**BRIEF:** Of all the lines below, output only those starting at the one with "p ≡ some old" and ending at the one with "used : (x : Ptr) → m x ≢", both ends included, exactly as written.
##### EXERCISE INPUT #####
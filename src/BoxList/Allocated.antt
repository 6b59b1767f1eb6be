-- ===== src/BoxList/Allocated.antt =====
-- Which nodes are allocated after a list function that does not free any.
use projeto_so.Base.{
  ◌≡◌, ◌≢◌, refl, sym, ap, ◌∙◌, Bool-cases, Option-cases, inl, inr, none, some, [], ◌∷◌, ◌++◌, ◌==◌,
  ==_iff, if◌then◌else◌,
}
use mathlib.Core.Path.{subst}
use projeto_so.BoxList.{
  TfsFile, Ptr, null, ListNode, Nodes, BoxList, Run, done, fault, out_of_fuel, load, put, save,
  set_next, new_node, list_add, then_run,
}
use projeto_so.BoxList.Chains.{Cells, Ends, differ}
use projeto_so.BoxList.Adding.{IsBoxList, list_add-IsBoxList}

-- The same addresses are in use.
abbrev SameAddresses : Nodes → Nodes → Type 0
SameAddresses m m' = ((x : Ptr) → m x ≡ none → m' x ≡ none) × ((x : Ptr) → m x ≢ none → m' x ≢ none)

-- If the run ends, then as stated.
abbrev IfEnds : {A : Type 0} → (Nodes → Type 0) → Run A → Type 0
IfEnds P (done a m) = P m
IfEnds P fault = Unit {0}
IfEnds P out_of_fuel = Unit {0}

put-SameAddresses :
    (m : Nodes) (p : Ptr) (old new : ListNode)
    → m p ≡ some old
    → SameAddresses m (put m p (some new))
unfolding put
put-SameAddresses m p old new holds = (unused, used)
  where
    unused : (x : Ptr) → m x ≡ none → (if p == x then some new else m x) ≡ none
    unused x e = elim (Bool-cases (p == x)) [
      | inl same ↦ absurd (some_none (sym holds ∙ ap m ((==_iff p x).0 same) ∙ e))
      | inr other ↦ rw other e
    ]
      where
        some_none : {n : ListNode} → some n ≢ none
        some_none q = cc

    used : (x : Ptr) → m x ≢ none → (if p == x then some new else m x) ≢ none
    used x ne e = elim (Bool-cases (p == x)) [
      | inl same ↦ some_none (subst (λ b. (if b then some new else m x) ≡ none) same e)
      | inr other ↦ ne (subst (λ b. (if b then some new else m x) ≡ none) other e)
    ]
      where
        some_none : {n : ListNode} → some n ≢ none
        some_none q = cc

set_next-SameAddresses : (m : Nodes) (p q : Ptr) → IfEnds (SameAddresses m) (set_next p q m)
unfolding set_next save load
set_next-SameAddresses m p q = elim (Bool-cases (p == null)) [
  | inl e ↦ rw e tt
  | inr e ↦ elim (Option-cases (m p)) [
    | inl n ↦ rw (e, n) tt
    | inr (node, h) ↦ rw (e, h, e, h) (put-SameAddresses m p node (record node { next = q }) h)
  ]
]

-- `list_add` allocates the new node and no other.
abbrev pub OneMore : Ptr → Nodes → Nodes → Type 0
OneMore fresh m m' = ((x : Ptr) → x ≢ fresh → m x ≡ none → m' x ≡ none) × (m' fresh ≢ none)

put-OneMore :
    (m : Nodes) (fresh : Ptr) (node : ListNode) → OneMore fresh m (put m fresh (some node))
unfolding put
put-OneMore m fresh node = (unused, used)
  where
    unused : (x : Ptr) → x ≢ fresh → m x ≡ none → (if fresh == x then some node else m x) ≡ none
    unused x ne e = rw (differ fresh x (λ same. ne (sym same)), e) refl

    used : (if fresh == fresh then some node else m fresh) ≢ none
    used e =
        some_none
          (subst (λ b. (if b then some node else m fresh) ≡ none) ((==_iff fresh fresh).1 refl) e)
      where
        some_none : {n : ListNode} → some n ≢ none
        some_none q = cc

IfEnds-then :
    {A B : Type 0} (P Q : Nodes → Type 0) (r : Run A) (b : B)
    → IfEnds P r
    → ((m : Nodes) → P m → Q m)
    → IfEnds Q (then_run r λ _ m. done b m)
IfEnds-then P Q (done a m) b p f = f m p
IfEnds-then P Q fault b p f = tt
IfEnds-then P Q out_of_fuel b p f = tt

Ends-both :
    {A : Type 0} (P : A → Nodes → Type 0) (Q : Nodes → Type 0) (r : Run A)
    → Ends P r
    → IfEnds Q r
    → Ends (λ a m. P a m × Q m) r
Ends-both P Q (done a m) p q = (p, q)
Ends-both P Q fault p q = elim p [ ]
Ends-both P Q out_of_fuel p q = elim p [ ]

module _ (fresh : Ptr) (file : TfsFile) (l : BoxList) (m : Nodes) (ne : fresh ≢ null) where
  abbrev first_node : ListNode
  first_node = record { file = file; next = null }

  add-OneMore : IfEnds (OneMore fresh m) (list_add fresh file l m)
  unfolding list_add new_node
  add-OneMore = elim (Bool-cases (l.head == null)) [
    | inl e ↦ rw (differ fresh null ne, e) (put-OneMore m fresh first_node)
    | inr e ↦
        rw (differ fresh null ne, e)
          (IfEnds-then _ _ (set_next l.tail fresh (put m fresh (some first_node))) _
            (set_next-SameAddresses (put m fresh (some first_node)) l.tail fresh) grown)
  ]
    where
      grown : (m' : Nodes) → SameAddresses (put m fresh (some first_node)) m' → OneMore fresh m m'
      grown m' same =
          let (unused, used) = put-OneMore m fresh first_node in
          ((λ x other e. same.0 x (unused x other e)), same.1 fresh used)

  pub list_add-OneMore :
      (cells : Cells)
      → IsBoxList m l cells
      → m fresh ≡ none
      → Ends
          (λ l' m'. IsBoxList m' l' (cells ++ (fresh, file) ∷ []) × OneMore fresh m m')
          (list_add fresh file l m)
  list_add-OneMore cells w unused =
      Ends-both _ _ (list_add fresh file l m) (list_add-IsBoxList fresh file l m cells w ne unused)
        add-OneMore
#####
##### EXERCISE INPUT #####
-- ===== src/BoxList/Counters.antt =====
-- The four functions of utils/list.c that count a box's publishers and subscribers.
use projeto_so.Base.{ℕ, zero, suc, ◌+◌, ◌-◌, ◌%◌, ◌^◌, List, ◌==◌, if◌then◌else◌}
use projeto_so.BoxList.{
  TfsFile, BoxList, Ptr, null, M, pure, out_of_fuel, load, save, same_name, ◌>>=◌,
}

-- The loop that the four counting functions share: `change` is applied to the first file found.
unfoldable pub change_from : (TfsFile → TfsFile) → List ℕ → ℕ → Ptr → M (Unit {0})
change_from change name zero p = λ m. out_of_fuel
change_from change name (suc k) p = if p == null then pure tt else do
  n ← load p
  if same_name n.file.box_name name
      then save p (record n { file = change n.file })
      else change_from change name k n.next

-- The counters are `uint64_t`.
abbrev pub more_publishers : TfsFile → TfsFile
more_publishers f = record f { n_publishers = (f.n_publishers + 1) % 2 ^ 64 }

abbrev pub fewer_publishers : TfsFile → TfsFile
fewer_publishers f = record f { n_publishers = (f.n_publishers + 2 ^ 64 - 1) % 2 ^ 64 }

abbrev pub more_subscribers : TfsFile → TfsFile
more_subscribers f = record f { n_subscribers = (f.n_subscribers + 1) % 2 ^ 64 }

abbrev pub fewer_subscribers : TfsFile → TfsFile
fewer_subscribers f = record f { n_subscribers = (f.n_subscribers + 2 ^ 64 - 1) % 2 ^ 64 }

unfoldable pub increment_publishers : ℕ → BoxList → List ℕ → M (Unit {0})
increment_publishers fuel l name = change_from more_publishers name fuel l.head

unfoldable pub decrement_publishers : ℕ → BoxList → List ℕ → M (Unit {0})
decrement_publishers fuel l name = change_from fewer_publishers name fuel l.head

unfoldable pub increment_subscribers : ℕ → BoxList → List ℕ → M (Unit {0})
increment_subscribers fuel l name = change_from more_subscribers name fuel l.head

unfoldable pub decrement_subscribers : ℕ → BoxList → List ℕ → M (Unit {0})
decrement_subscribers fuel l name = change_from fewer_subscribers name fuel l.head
#####
**OUTPUT BELOW:**
    → m p ≡ some old
    → SameAddresses m (put m p (some new))
unfolding put
put-SameAddresses m p old new holds = (unused, used)
  where
    unused : (x : Ptr) → m x ≡ none → (if p == x then some new else m x) ≡ none
    unused x e = elim (Bool-cases (p == x)) [
      | inl same ↦ absurd (some_none (sym holds ∙ ap m ((==_iff p x).0 same) ∙ e))
      | inr other ↦ rw other e
    ]
      where
        some_none : {n : ListNode} → some n ≢ none
        some_none q = cc

    used : (x : Ptr) → m x ≢ none → (if p == x then some new else m x) ≢ none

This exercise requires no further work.